The current demo only contains the German transcriptions of the letters, while many documents are available both in their original language and in German translation. What is yet to be decided is what to do with those different languages – and TEITOK provides various options to deal with this, and it is still to be decided which would work best for the EHRI editions. The three main options are to treat the translation (or rather the original) as a metadata field in much the same way the transcription is used in Omeka – searchable, but without a direct link to the position in the text. Or to provide a translation for each sentence in the document, which makes it possible to provided all sentences with their translation below, and makes searches point to the correct sentence though not to the word directly; or to see the translation as a full tokenized transcription in its own right, potentially with links to the original at various levels.

Another thing that is not yet done in this demo is to lemmatize the words in the document, and provide them with a so-called part-of-speech label. The reason to do that is, in case of EHRI, to be able to search by lemma – that is to say, if we are looking for the word verfassen, we would also like to find the inflected form verfasst in the text. This is made easy by lemmatizing all the words in the text – ie. by providing each word node in the XML document with an attribute that specifies the kind of word it is (VERB), as well as it lemmatized form (verfassen). The search language used in TEITOK then makes it easy to search for words by their lemma, and not by the form by which they appear in the text.

The set-up of TEITOK at LINDAT provides not only a TEITOK corpus (which uses the Corpus WorkBench as a backend) but also a Kontext corpus from the same data – Kontext is a completely independent search interface that might offer better results for certain people, so it would also be needed to see where and how to integrate the presentation in Kontext.

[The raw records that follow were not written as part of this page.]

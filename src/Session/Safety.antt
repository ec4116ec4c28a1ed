-- ===== src/Session/Safety.antt =====
-- src/system/timestamp.rs: when `touch` finds a record, by the operations before it.
pub mod Found
use sudo_rs.Prelude.{
  ℕ, Bool, true, false, ◌&&◌, Option, none, some, List, [], ◌∷◌, ◌++◌, map, arith,
}
use sudo_rs.Prelude.{◌≡◌, refl, sym, ap, ◌∙◌, append-nil, inl, inr}
use mathlib.Core.Path.{subst}
use sudo_rs.Prelude.Tests.{if◌then◌else◌, ◌==◌, Bool-cases}
use sudo_rs.Prelude.Lists.{All, All-append}
use sudo_rs.Session.Time.{SystemTime, Duration}
use sudo_rs.Session.Record.{RecordScope, SessionRecord, scope_eq, matches}
use sudo_rs.Session.Record.Codec.{IsRecord}
use sudo_rs.Session.Record.Scope.{scope_eq→eq}
use sudo_rs.Session.Store.{File, returned, seek}
use sudo_rs.Session.Store.Layout.{header, frames, file_bytes}
use sudo_rs.Session.Store.Header.{init-blank}
use sudo_rs.Session.Operations.{not_found, touch}
use sudo_rs.Session.Records.{
  divide, absent, present, Divide-cases, Rejected, chosen_by_touch, touched, disabled_one, disabled,
}
use sudo_rs.Session.Refinement.Touch.{touch-Implements}
use sudo_rs.Session.Run.{
  Operation, opening, touching, creating, disabling, resetting, perform, run, runs, performed,
  IsOperation,
}
use sudo_rs.Session.Run.Simulation.{run_lem}
use sudo_rs.Session.Run.History.{IsStable, Harmless, runs-Rejected}

pub Rejected-map :
    (p q : SessionRecord → Bool)
    → ((r : SessionRecord) → p r ≡ false → q r ≡ false)
    → (rs : List SessionRecord) → Rejected p rs
    → Rejected q rs
Rejected-map p q f [] v = tt
Rejected-map p q f (r ∷ rs) v = (f r v.0, Rejected-map p q f rs v.1)

divide-Rejected :
    (choose : SessionRecord → Bool) (rs : List SessionRecord)
    → Rejected choose rs
    → divide choose rs ≡ none
divide-Rejected choose rs v = elim (Divide-cases choose rs) [
  | absent e _ ↦ e
  | present before r after e q _ y ↦
      let w =
        (All-append (λ s. choose s ≡ false) before (r ∷ after) (subst (Rejected choose) q v)).1.0 in
      absurd (cc)
]

-- A record of the scope that is enabled, and one of the scope and the user.
abbrev pub enabled_for : RecordScope → SessionRecord → Bool
enabled_for scope r = r.enabled && scope_eq r.scope scope

abbrev pub known_as : RecordScope → ℕ → SessionRecord → Bool
known_as scope auth_user r = matches r scope auth_user

enabled_for-IsStable : (scope : RecordScope) → IsStable (enabled_for scope)
enabled_for-IsStable scope = record { of_time = λ r t. refl; of_disabled = λ r n. refl }

known_as-IsStable : (scope : RecordScope) (auth_user : ℕ) → IsStable (known_as scope auth_user)
unfolding matches
known_as-IsStable scope auth_user = record { of_time = λ r t. refl; of_disabled = λ r n. n }

-- No creation for the scope, and none for the scope and the user.
abbrev pub CreatesOther : RecordScope → Operation → Type 0
CreatesOther scope (creating t s u) = scope_eq s scope ≡ false
CreatesOther scope opening = Unit
CreatesOther scope (touching now t timeout s u) = Unit
CreatesOther scope (disabling s) = Unit
CreatesOther scope resetting = Unit

abbrev pub CreatesNotFor : RecordScope → ℕ → Operation → Type 0
CreatesNotFor scope auth_user (creating t s u) = (scope_eq s scope && (u == auth_user)) ≡ false
CreatesNotFor scope auth_user opening = Unit
CreatesNotFor scope auth_user (touching now t timeout s u) = Unit
CreatesNotFor scope auth_user (disabling s) = Unit
CreatesNotFor scope auth_user resetting = Unit

CreatesOther-Harmless :
    (scope : RecordScope) (op : Operation) → CreatesOther scope op → Harmless (enabled_for scope) op
unfolding matches
CreatesOther-Harmless scope (creating t s u) h = λ r m.
    let same : r.scope ≡ s = scope_eq→eq r.scope s (ground arith) in
    ap (λ k. scope_eq k scope) same ∙ h
CreatesOther-Harmless scope opening h = tt
CreatesOther-Harmless scope (touching now t timeout s u) h = tt
CreatesOther-Harmless scope (disabling s) h = tt
CreatesOther-Harmless scope resetting h = tt

CreatesNotFor-Harmless :
    (scope : RecordScope) (auth_user : ℕ) (op : Operation)
    → CreatesNotFor scope auth_user op
    → Harmless (known_as scope auth_user) op
unfolding matches
CreatesNotFor-Harmless scope auth_user (creating t s u) h = λ r m.
    let same : r.scope ≡ s = scope_eq→eq r.scope s (ground arith) in
    let user : r.auth_user ≡ u = ground arith in
    ap (λ k. scope_eq k scope && (r.auth_user == auth_user)) same
    ∙ ap (λ k. scope_eq s scope && (k == auth_user)) user
    ∙ h
CreatesNotFor-Harmless scope auth_user opening h = tt
CreatesNotFor-Harmless scope auth_user (touching now t timeout s u) h = tt
CreatesNotFor-Harmless scope auth_user (disabling s) h = tt
CreatesNotFor-Harmless scope auth_user resetting h = tt

All-map :
    (P Q : Operation → Type 0)
    → ((op : Operation) → P op → Q op)
    → (ops : List Operation) → All P ops
    → All Q ops
All-map P Q f [] v = tt
All-map P Q f (op ∷ ops) v = (f op v.0, All-map P Q f ops v.1)

disabled-Rejected :
    (scope : RecordScope) (rs : List SessionRecord)
    → Rejected (enabled_for scope) (disabled scope rs)
unfolding disabled_one
disabled-Rejected scope [] = tt
disabled-Rejected scope (r ∷ rs) = (
  elim (Bool-cases (scope_eq r.scope scope)) [
    | inl same ↦ rw (same, disabled_one) refl
    | inr other ↦ rw (other, disabled_one) (ground arith)
  ],
  disabled-Rejected scope rs,
)

module _ (e : Bool) (now new_time : SystemTime) (timeout : Duration) (scope : RecordScope)
    (auth_user : ℕ) where
  touch_none :
      (rs : List SessionRecord) (f : File)
      → f.bytes ≡ file_bytes e rs
      → All IsRecord rs
      → Rejected (chosen_by_touch scope auth_user) rs
      → (touch e now new_time timeout scope auth_user f).1 ≡ returned not_found
  unfolding touched
  touch_none rs f b v n =
      let (_, q) = touch-Implements e now new_time timeout scope auth_user rs f b v in
      q ∙ rw (divide-Rejected (chosen_by_touch scope auth_user) rs n, touched) refl

  -- On a file that holds a list of records, after `disable` of a scope and any operations of which
  -- none creates a record for the scope, `touch` finds no record for the scope, whoever the user.
  pub touch-run_disabled :
      (ops : List Operation) (rs : List SessionRecord) (f : File)
      → f.bytes ≡ file_bytes e rs
      → All IsRecord rs
      → All IsOperation ops
      → All (CreatesOther scope) ops
      → (touch e now new_time timeout scope auth_user (run e (disabling scope ∷ ops) f).0).1
        ≡ returned not_found
  unfolding runs performed matches
  touch-run_disabled ops rs f b v o c =
      let ((p, _), w) = run_lem e (disabling scope ∷ ops) rs f b v (tt, o) in
      let n =
        runs-Rejected (enabled_for scope) (enabled_for-IsStable scope) ops (disabled scope rs)
          (All-map _ _ (CreatesOther-Harmless scope) ops c) (disabled-Rejected scope rs) in
      touch_none (runs (disabling scope ∷ ops) rs).0 (run e (disabling scope ∷ ops) f).0 p w (
        Rejected-map (enabled_for scope) (chosen_by_touch scope auth_user) (λ r h. ground arith)
          (runs ops (disabled scope rs)).0 n)

  -- On a file after a reset, whatever operations follow, `touch` finds no record if none of them
  -- creates one for the scope and the user.
  pub touch-run_reset :
      (ops : List Operation) (f : File)
      → All IsOperation ops
      → All (CreatesNotFor scope auth_user) ops
      → (touch e now new_time timeout scope auth_user (run e (resetting ∷ ops) f).0).1
        ≡ returned not_found
  unfolding run perform file_bytes frames matches
  touch-run_reset ops f o c =
      let z : (perform e resetting f).0.bytes ≡ file_bytes e [] =
        ap (λ k. k.bytes) (init-blank 0 f) ∙ sym (append-nil header) in
      let ((p, _), w) = run_lem e ops [] (perform e resetting f).0 z tt o in
      let n =
        runs-Rejected (known_as scope auth_user) (known_as-IsStable scope auth_user) ops []
          (All-map _ _ (CreatesNotFor-Harmless scope auth_user) ops c) tt in
      touch_none (runs ops []).0 (run e ops (perform e resetting f).0).0 p w (
        Rejected-map (known_as scope auth_user) (chosen_by_touch scope auth_user)
          (λ r h. ground arith) (runs ops []).0 n)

And of course, there might be functionalities that are missing or are not working in the most expected way – especially in cross-discliplinary collaborations, it always takes same time to figure out how to best match the expectations of the target audience with existing tools. So more than anything else, the current document is designed as a point of departure, to demonstrate what advantages the token-based approach brings to the EHRI editions, and to open the discussion on where to go from here.